To create java.util.regex.Matcher object, you can use Groovy’s find operator. On the left side, you put a string you want to test matching on. On the right side, you put a pattern, that can be either java.util.regex.Pattern or java.lang.String. Consider the following example.

Listing 3. Creating matcher using find operator example.
// Running on Groovy 3.0.3

def pattern = ~/\S+er\b/
def matcher = "My code is groovier and better when I use Groovy there" =~ pattern

assert pattern instanceof java.util.regex.Pattern
assert matcher instanceof java.util.regex.Matcher

assert matcher.find()
assert matcher.size() == 2
assert matcher[0..-1] == ["groovier", "better"]

Creating java.util.regex.Pattern object in the above example is optional. Instead, we could define a pattern using slashy string directly in the matcher line.

// Running on Groovy 3.0.3

def matcher = "My code is groovier and better when I use Groovy there" =~ /\S+er\b/

assert matcher instanceof java.util.regex.Matcher

assert matcher.find()
assert matcher.size() == 2
assert matcher[0..-1] == ["groovier", "better"]

When you get the java.util.regex.Matcher object, you can essentially use any of its standard methods, or you can continue reading to learn more Groovy way to do it.

Using =~ operator in context of boolean

You can also use java.util.regex.Matcher object in the context of the boolean expression (e.g., inside the if-statement.) In this case, Groovy implicitly invokes the matcher.find() method, which means that the expression evaluates to true if any part of the string matches the pattern.

Listing 4. Using matcher in the context of boolean expression example.
// Running on Groovy 3.0.3

if ("My code is groovier and better when I use Groovy there" =~ /\S+er\b/) {
    println "At least one element matches the pattern..."
}

if ("Lorem ipsum dolor sit amet" =~ /\d+/) {
    println "This line is not executed..."
}

==~ (exact match operator)

Groovy also adds a very useful ==~ exact match operator. It can be used in a similar way to the find operator, but it behaves a bit differently. It does not create java.util.regex.Matcher object, and instead, it returns boolean value. You can think of it as an equivalent of matcher.matches() method call - it tests if the entire string matches given pattern.

Listing 5. Using exact match operator examples.
// Running on Groovy 3.0.3

assert "v3.12.4" ==~ /v\d{1,3}\.\d{1,3}\.\d{1,3}/

assert !("GROOVY-123: some change" ==~ /[A-Z]{3,6}-\d{1,4}/)

assert "GROOVY-123: some change" ==~ /[A-Z]{3,6}-\d{1,4}.{1,100}/

Usage examples

Checking if specific string matches given pattern is not the only thing you can do with regular expressions.
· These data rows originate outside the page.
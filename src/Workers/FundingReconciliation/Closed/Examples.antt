-- ===== src/Workers/FundingReconciliation/Closed/Examples.antt =====
-- A mission that is funded, and whose payment was never made.
use waylo_app.Base.{◌≡◌, refl, true, some, []}
use waylo_app.Schema.Status.{MissionStatus, is_status, is_escrow_status}
use waylo_app.App.{World}
use waylo_app.Samples.{sample_world, sample_mission, sample_escrow}
use waylo_app.Workers.FundingReconciliation.{
  FundingRun, requires_confirmation, to_created, is_untouched, is_funded, reconcile_funding,
}
use waylo_app.Workers.FundingReconciliation.Closed.{IsClosed, reconcile_funding-IsClosed}

abbrev funded_world : World
funded_world = sample_world MissionStatus.funded

abbrev unpaid : FundingRun
unpaid = record {
  is_stale = λ k. true;
  retrieve = λ i. some requires_confirmation;
  cancels = λ i. true;
  search = λ k. some [];
  meanwhile = λ k db. db;
}

held : is_untouched sample_escrow ≡ true
unfolding is_escrow_status
held = refl

funded : is_funded (sample_mission MissionStatus.funded) ≡ true
unfolding is_status
funded = refl

reconcile_funding-IsClosed_example :
    let after = (reconcile_funding unpaid 7 77 funded_world).1 in
    (after.db.missions.row 7 ≡ some (to_created (sample_mission MissionStatus.funded)))
    × IsClosed 7 after
reconcile_funding-IsClosed_example =
    reconcile_funding-IsClosed unpaid 7 77 sample_escrow (sample_mission MissionStatus.funded)
      funded_world refl refl held refl funded
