-- ===== src/Workers/FundingReconciliation/Orphans.antt =====
-- `runOrphanFundingReconciliationOnce` of src/workers/funding-reconciliation.ts: missions that are funded
-- without an escrow.
use waylo_app.Base.{
  ℕ, ◌+◌, not, ◌&&◌, ◌||◌, Option, none, some, List, [], ◌∷◌, is_some, take, ◌==◌, if◌then◌else◌,
}
use waylo_app.Base.Table.{find_many, find_first, create}
use waylo_app.Schema.Status.{EscrowStatus}
use waylo_app.Schema.Rows.{Mission, Escrow}
use waylo_app.App.{
  Db, AlertCode, Fault, Action, ◌>>=◌, ◌>>◌, pure, or_throw, throw_if, read, modify, catch,
  transaction, emit, others, update_mission,
}
use waylo_app.Workers.FundingReconciliation.{
  FundingRun, IntentStatus, requires_payment_method, requires_confirmation, requires_capture,
  canceled, other_status, is_funded, to_created,
}

pub data OrphanOutcome : Type 0 where
  was_skipped was_rolled_back was_recreated : OrphanOutcome

-- `found.data.find(p => p.status !== 'canceled')`
unfoldable pub find_live : List (ℕ × IntentStatus) → Option ℕ
find_live [] = none
find_live ((intent, status) ∷ rest) =
    let later = find_live rest in
    elim status [
      | requires_payment_method ↦ some intent
      | requires_confirmation ↦ some intent
      | requires_capture ↦ some intent
      | canceled ↦ later
      | other_status ↦ some intent
    ]

abbrev pub recreated_escrow : ℕ → Mission → Escrow
recreated_escrow intent m = record {
  stripe_payment_intent_id = intent;
  captured_amount_cents = 0;
  status = EscrowStatus.held;
  spending_limit_cents = m.budget_cents;
}

-- `escrowTransaction.create`, whose mission and payment intent are both unique
unfoldable pub recreate_escrow : (id intent : ℕ) → Mission → Action OrphanOutcome
recreate_escrow id intent m = do
  db ← read (λ db. db)
  throw_if (is_some (find_first (λ e. e.stripe_payment_intent_id == intent) db.escrows))
      Fault.unique_violation
  escrows ← or_throw (create id (recreated_escrow intent m) db.escrows) Fault.unique_violation
  modify (λ d. record d { escrows = escrows })
  pure was_recreated

-- the transaction of an orphan: `none` is no payment intent
unfoldable pub settle_orphan : (id : ℕ) → Option ℕ → Action OrphanOutcome
unfolding recreate_escrow
settle_orphan id found = transaction (do
  db ← read (λ db. db)
  elim (db.missions.row id) [
    | none ↦ pure was_skipped
    | some m ↦
        if not (is_funded m) || is_some (db.escrows.row id) then pure was_skipped else elim found [
          | some intent ↦ recreate_escrow id intent m
          | none ↦ update_mission id is_funded to_created >> pure was_rolled_back
        ]
  ])

abbrev pub alert_orphan : OrphanOutcome → Action OrphanOutcome
alert_orphan was_recreated = emit AlertCode.orphan_funding_recovered >> pure was_recreated
alert_orphan was_rolled_back = emit AlertCode.stale_funding_rolled_back >> pure was_rolled_back
alert_orphan was_skipped = pure was_skipped

-- one round of the loop over the orphans
unfoldable pub reconcile_orphan : FundingRun → ℕ → Action OrphanOutcome
unfolding settle_orphan find_live
reconcile_orphan run id = do
  others (run.meanwhile id)
  elim (run.search id) [
    | none ↦ pure was_skipped
    | some intents ↦
        catch (settle_orphan id (find_live intents) >>= alert_orphan) (λ e. pure was_skipped)
  ]

pub record OrphanCounts : Type 0 where
  pub escrow_recreated : ℕ
  pub rolled_back : ℕ
  pub skipped : ℕ

abbrev pub count_orphan : OrphanOutcome → OrphanCounts → OrphanCounts
count_orphan was_skipped c = record c { skipped = c.skipped + 1 }
count_orphan was_rolled_back c = record c { rolled_back = c.rolled_back + 1 }
count_orphan was_recreated c = record c { escrow_recreated = c.escrow_recreated + 1 }

unfoldable pub reconcile_orphans : FundingRun → List ℕ → OrphanCounts → Action OrphanCounts
unfolding reconcile_orphan
reconcile_orphans run [] c = pure c
reconcile_orphans run (id ∷ ids) c =
    reconcile_orphan run id >>= λ outcome. reconcile_orphans run ids (count_orphan outcome c)

-- `escrow: { is: null }` and the age
unfoldable pub orphans_among : FundingRun → Db → List ℕ → List ℕ
orphans_among run db [] = []
orphans_among run db (id ∷ ids) =
    let rest = orphans_among run db ids in
    if run.is_stale id && not (is_some (db.escrows.row id)) then id ∷ rest else rest

-- `runOrphanFundingReconciliationOnce`
unfoldable pub run_orphan_funding_reconciliation_once :
    FundingRun → (limit : ℕ) → Action OrphanCounts
unfolding orphans_among reconcile_orphans
run_orphan_funding_reconciliation_once run limit = do
  orphans ← read (λ db. take limit (orphans_among run db (find_many is_funded db.missions)))
  reconcile_orphans run orphans (record { escrow_recreated = 0; rolled_back = 0; skipped = 0 })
In many cases, you want to extract the data that matches the specific pattern or even replace all occurrences with a new value. You will learn how you can do such things using Groovy.

Extracting all matching elements

Let’s begin with extracting all matching elements. Groovy adds findAll() method to java.util.regex.Matcher class, and when invoked, it returns all matching elements. The below example uses this technique to extract all numbers from the given text.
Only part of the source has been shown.